EXERCISE DETAILS: Below are records; reproduce exactly the lines from the first through the one containing "that are ordered".

EXCERPTED RECORDS:
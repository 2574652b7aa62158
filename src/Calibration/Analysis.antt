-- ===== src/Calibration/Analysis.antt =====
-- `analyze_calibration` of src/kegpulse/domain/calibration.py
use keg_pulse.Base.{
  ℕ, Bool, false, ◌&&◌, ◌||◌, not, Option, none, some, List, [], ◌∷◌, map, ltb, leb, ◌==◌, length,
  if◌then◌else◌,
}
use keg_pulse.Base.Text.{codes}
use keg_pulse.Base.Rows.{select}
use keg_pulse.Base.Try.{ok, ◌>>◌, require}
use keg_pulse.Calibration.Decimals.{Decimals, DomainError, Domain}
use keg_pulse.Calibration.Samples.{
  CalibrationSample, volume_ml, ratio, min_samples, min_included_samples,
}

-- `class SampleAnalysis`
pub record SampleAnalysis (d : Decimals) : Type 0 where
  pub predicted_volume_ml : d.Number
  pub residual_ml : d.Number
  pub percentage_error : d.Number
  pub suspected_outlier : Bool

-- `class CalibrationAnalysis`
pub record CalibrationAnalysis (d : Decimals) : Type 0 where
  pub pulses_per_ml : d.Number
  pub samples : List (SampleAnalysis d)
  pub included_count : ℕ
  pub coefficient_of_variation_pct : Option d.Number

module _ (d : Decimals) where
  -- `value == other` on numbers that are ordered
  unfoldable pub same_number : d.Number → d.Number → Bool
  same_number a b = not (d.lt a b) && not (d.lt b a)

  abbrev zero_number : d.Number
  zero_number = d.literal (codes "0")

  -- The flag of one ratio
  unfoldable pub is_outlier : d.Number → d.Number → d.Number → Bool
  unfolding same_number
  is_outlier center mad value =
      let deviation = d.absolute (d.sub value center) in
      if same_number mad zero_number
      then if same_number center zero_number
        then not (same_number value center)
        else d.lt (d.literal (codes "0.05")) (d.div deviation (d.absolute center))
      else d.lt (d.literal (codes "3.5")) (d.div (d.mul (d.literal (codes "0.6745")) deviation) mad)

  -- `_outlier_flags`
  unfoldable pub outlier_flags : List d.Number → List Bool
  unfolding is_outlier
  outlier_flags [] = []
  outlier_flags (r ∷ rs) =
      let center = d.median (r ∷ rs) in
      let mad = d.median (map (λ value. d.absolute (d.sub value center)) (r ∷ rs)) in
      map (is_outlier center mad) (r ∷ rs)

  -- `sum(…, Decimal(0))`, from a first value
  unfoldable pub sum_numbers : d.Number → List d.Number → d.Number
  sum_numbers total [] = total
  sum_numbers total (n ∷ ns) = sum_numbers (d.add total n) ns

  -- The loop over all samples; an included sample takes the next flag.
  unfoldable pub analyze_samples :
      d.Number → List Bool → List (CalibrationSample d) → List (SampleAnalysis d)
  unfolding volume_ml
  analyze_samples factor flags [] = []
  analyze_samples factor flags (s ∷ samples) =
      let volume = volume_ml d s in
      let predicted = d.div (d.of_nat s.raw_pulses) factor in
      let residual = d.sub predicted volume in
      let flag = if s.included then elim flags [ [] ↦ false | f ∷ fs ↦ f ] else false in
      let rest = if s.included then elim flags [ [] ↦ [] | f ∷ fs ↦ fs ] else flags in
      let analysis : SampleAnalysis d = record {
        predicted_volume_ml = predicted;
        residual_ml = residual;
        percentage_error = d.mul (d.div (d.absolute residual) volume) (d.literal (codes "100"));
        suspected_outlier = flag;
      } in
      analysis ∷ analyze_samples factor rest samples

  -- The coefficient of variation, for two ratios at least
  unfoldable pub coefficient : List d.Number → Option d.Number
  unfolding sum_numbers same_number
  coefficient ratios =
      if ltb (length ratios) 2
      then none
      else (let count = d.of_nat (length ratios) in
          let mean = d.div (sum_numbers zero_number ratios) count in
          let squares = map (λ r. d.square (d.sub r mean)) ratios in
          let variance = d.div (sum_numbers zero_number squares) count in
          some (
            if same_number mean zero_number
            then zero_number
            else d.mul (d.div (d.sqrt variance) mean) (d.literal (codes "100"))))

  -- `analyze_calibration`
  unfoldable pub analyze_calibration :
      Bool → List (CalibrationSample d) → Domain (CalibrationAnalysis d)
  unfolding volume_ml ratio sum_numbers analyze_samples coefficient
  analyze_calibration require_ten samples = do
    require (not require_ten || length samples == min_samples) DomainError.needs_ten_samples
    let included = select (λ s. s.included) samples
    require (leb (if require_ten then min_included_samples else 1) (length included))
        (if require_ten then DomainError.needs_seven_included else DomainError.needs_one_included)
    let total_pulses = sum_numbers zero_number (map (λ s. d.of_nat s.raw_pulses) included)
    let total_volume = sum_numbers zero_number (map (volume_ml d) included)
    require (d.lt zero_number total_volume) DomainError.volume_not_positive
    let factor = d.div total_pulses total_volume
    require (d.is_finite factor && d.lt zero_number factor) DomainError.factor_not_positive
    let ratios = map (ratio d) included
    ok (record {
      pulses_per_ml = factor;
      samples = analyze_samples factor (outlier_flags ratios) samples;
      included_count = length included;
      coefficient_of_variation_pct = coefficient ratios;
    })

OUTPUT OF THE TASK:
repository 2574652b7aa62158
filename src/Calibration/Analysis.antt
-- ===== src/Calibration/Analysis.antt =====
-- `analyze_calibration` of src/kegpulse/domain/calibration.py
use keg_pulse.Base.{
  ℕ, Bool, false, ◌&&◌, ◌||◌, not, Option, none, some, List, [], ◌∷◌, map, ltb, leb, ◌==◌, length,
  if◌then◌else◌,
}
use keg_pulse.Base.Text.{codes}
use keg_pulse.Base.Rows.{select}
use keg_pulse.Base.Try.{ok, ◌>>◌, require}
use keg_pulse.Calibration.Decimals.{Decimals, DomainError, Domain}
use keg_pulse.Calibration.Samples.{
  CalibrationSample, volume_ml, ratio, min_samples, min_included_samples,
}

-- `class SampleAnalysis`
pub record SampleAnalysis (d : Decimals) : Type 0 where
  pub predicted_volume_ml : d.Number
  pub residual_ml : d.Number
  pub percentage_error : d.Number
  pub suspected_outlier : Bool

-- `class CalibrationAnalysis`
pub record CalibrationAnalysis (d : Decimals) : Type 0 where
  pub pulses_per_ml : d.Number
  pub samples : List (SampleAnalysis d)
  pub included_count : ℕ
  pub coefficient_of_variation_pct : Option d.Number

module _ (d : Decimals) where
  -- `value == other` on numbers that are ordered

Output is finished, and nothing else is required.